[EXERCISE REQUIREMENTS]
The whole set of entries is to be restated word for word.
── MATERIAL FOR THE TASK
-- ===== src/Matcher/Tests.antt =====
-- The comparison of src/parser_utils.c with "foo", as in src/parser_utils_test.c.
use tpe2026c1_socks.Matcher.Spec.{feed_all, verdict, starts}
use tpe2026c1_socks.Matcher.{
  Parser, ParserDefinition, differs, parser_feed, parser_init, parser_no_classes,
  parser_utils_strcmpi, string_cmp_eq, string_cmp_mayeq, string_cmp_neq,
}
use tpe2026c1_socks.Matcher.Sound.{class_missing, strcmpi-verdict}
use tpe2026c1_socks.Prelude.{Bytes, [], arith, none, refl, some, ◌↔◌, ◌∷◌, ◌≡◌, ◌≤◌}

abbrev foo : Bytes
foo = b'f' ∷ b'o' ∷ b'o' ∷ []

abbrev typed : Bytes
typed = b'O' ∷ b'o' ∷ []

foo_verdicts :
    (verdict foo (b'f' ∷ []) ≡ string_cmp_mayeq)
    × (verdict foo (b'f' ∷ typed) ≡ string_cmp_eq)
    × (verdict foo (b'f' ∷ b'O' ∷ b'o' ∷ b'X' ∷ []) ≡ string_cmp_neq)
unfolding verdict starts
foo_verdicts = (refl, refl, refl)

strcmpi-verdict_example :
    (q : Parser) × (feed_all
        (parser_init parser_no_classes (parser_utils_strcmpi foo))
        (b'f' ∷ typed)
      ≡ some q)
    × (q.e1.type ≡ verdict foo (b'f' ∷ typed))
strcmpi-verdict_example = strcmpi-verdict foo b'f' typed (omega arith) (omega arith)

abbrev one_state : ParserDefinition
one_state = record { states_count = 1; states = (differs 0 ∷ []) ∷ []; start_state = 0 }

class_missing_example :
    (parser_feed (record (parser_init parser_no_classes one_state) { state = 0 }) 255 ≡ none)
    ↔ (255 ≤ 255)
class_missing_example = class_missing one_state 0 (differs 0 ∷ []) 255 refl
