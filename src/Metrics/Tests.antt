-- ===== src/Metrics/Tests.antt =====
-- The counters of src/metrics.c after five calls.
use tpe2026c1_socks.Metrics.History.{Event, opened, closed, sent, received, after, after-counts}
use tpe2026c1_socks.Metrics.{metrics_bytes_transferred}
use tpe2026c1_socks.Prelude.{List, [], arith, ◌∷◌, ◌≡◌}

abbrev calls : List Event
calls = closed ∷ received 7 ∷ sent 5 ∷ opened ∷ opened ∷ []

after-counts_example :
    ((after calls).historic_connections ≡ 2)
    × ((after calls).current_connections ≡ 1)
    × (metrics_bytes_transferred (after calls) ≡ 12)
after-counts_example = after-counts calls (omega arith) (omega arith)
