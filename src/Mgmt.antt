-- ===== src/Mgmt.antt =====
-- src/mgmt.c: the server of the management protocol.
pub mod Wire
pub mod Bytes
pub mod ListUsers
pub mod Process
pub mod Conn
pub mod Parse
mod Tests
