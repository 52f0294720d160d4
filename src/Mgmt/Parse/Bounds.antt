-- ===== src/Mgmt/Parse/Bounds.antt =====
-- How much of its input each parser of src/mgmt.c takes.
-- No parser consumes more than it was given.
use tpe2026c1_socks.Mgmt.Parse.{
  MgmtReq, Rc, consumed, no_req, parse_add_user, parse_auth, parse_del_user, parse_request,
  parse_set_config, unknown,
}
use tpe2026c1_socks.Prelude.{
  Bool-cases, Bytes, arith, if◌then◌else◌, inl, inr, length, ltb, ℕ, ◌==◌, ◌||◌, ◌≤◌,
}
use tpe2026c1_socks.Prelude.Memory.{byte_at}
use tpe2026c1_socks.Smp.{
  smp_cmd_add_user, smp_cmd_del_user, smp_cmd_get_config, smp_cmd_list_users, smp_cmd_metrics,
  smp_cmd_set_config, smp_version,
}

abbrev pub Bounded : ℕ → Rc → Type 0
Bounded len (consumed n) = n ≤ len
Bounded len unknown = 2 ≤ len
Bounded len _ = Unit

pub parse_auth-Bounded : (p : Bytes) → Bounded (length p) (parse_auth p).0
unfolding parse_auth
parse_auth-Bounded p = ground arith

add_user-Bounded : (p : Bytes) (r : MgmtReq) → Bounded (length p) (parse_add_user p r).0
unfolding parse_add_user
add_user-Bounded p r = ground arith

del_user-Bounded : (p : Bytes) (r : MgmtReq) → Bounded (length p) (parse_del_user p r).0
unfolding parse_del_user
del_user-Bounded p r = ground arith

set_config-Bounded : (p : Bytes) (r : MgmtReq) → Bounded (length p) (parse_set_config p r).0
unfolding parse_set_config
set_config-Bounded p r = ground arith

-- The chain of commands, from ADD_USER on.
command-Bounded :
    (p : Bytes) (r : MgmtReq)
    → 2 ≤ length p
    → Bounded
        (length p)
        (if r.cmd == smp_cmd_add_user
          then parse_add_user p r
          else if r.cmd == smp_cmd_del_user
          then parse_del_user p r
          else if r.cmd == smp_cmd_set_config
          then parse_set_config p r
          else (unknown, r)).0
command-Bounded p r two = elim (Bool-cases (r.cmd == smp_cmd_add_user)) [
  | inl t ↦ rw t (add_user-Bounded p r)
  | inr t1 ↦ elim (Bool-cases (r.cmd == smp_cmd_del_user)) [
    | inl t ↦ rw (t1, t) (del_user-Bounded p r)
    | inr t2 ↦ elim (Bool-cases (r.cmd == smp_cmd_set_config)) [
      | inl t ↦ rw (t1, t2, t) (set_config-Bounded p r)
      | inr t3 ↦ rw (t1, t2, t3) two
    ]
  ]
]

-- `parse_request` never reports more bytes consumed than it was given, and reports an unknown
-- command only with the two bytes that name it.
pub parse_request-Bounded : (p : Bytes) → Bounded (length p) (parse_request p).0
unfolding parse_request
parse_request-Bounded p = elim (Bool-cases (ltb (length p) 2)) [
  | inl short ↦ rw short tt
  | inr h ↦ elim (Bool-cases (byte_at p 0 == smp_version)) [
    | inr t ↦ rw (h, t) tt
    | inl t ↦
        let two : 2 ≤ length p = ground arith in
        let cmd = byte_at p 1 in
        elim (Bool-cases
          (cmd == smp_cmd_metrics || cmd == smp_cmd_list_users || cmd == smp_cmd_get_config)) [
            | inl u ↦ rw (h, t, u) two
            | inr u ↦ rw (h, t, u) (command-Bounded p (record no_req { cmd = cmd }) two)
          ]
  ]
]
────
[TASK OUTPUT]
-- ===== src/Matcher/Tests.antt =====
-- The comparison of src/parser_utils.c with "foo", as in src/parser_utils_test.c.
use tpe2026c1_socks.Matcher.Spec.{feed_all, verdict, starts}
use tpe2026c1_socks.Matcher.{
  Parser, ParserDefinition, differs, parser_feed, parser_init, parser_no_classes,
  parser_utils_strcmpi, string_cmp_eq, string_cmp_mayeq, string_cmp_neq,
}
use tpe2026c1_socks.Matcher.Sound.{class_missing, strcmpi-verdict}
use tpe2026c1_socks.Prelude.{Bytes, [], arith, none, refl, some, ◌↔◌, ◌∷◌, ◌≡◌, ◌≤◌}

abbrev foo : Bytes
foo = b'f' ∷ b'o' ∷ b'o' ∷ []

abbrev typed : Bytes
typed = b'O' ∷ b'o' ∷ []

foo_verdicts :
    (verdict foo (b'f' ∷ []) ≡ string_cmp_mayeq)
    × (verdict foo (b'f' ∷ typed) ≡ string_cmp_eq)
    × (verdict foo (b'f' ∷ b'O' ∷ b'o' ∷ b'X' ∷ []) ≡ string_cmp_neq)
unfolding verdict starts
foo_verdicts = (refl, refl, refl)

strcmpi-verdict_example :
    (q : Parser) × (feed_all
        (parser_init parser_no_classes (parser_utils_strcmpi foo))
        (b'f' ∷ typed)
      ≡ some q)
    × (q.e1.type ≡ verdict foo (b'f' ∷ typed))
strcmpi-verdict_example = strcmpi-verdict foo b'f' typed (omega arith) (omega arith)

abbrev one_state : ParserDefinition
one_state = record { states_count = 1; states = (differs 0 ∷ []) ∷ []; start_state = 0 }

class_missing_example :
    (parser_feed (record (parser_init parser_no_classes one_state) { state = 0 }) 255 ≡ none)
    ↔ (255 ≤ 255)
class_missing_example = class_missing one_state 0 (differs 0 ∷ []) 255 refl
filename src/Metrics/Tests.antt
-- ===== src/Metrics/Tests.antt =====
-- The counters of src/metrics.c after five calls.
use tpe2026c1_socks.Metrics.History.{Event, opened, closed, sent, received, after, after-counts}
use tpe2026c1_socks.Metrics.{metrics_bytes_transferred}
use tpe2026c1_socks.Prelude.{List, [], arith, ◌∷◌, ◌≡◌}

abbrev calls : List Event
calls = closed ∷ received 7 ∷ sent 5 ∷ opened ∷ opened ∷ []

after-counts_example :
    ((after calls).historic_connections ≡ 2)
    × ((after calls).current_connections ≡ 1)
    × (metrics_bytes_transferred (after calls) ≡ 12)
after-counts_example = after-counts calls (omega arith) (omega arith)
filename src/Mgmt.antt
-- ===== src/Mgmt.antt =====
-- src/mgmt.c: the server of the management protocol.
pub mod Wire
pub mod Bytes
pub mod ListUsers
pub mod Process
pub mod Conn
pub mod Parse
mod Tests
repository 52f0294720d160d4
filename src/Mgmt/Parse/Bounds.antt
-- ===== src/Mgmt/Parse/Bounds.antt =====
-- How much of its input each parser of src/mgmt.c takes.
-- No parser consumes more than it was given.
use tpe2026c1_socks.Mgmt.Parse.{
  MgmtReq, Rc, consumed, no_req, parse_add_user, parse_auth, parse_del_user, parse_request,
  parse_set_config, unknown,
}
use tpe2026c1_socks.Prelude.{
  Bool-cases, Bytes, arith, if◌then◌else◌, inl, inr, length, ltb, ℕ, ◌==◌, ◌||◌, ◌≤◌,
}
use tpe2026c1_socks.Prelude.Memory.{byte_at}
use tpe2026c1_socks.Smp.{
  smp_cmd_add_user, smp_cmd_del_user, smp_cmd_get_config, smp_cmd_list_users, smp_cmd_metrics,
  smp_cmd_set_config, smp_version,
}

abbrev pub Bounded : ℕ → Rc → Type 0
Bounded len (consumed n) = n ≤ len
Bounded len unknown = 2 ≤ len
Bounded len _ = Unit

pub parse_auth-Bounded : (p : Bytes) → Bounded (length p) (parse_auth p).0
unfolding parse_auth
parse_auth-Bounded p = ground arith

add_user-Bounded : (p : Bytes) (r : MgmtReq) → Bounded (length p) (parse_add_user p r).0
unfolding parse_add_user
add_user-Bounded p r = ground arith

del_user-Bounded : (p : Bytes) (r : MgmtReq) → Bounded (length p) (parse_del_user p r).0
unfolding parse_del_user
del_user-Bounded p r = ground arith

set_config-Bounded : (p : Bytes) (r : MgmtReq) → Bounded (length p) (parse_set_config p r).0
unfolding parse_set_config
set_config-Bounded p r = ground arith

-- The chain of commands, from ADD_USER on.
command-Bounded :
    (p : Bytes) (r : MgmtReq)
    → 2 ≤ length p
    → Bounded
        (length p)
        (if r.cmd == smp_cmd_add_user
          then parse_add_user p r
          else if r.cmd == smp_cmd_del_user
          then parse_del_user p r
          else if r.cmd == smp_cmd_set_config
          then parse_set_config p r
          else (unknown, r)).0
command-Bounded p r two = elim (Bool-cases (r.cmd == smp_cmd_add_user)) [
  | inl t ↦ rw t (add_user-Bounded p r)
  | inr t1 ↦ elim (Bool-cases (r.cmd == smp_cmd_del_user)) [
    | inl t ↦ rw (t1, t) (del_user-Bounded p r)
    | inr t2 ↦ elim (Bool-cases (r.cmd == smp_cmd_set_config)) [
      | inl t ↦ rw (t1, t2, t) (set_config-Bounded p r)
      | inr t3 ↦ rw (t1, t2, t3) two
    ]
  ]
]

-- `parse_request` never reports more bytes consumed than it was given, and reports an unknown
-- command only with the two bytes that name it.
pub parse_request-Bounded : (p : Bytes) → Bounded (length p) (parse_request p).0
unfolding parse_request
parse_request-Bounded p = elim (Bool-cases (ltb (length p) 2)) [
  | inl short ↦ rw short tt
  | inr h ↦ elim (Bool-cases (byte_at p 0 == smp_version)) [
    | inr t ↦ rw (h, t) tt
    | inl t ↦
        let two : 2 ≤ length p = ground arith in
        let cmd = byte_at p 1 in
        elim (Bool-cases
          (cmd == smp_cmd_metrics || cmd == smp_cmd_list_users || cmd == smp_cmd_get_config)) [
            | inl u ↦ rw (h, t, u) two
            | inr u ↦ rw (h, t, u) (command-Bounded p (record no_req { cmd = cmd }) two)
          ]
  ]
]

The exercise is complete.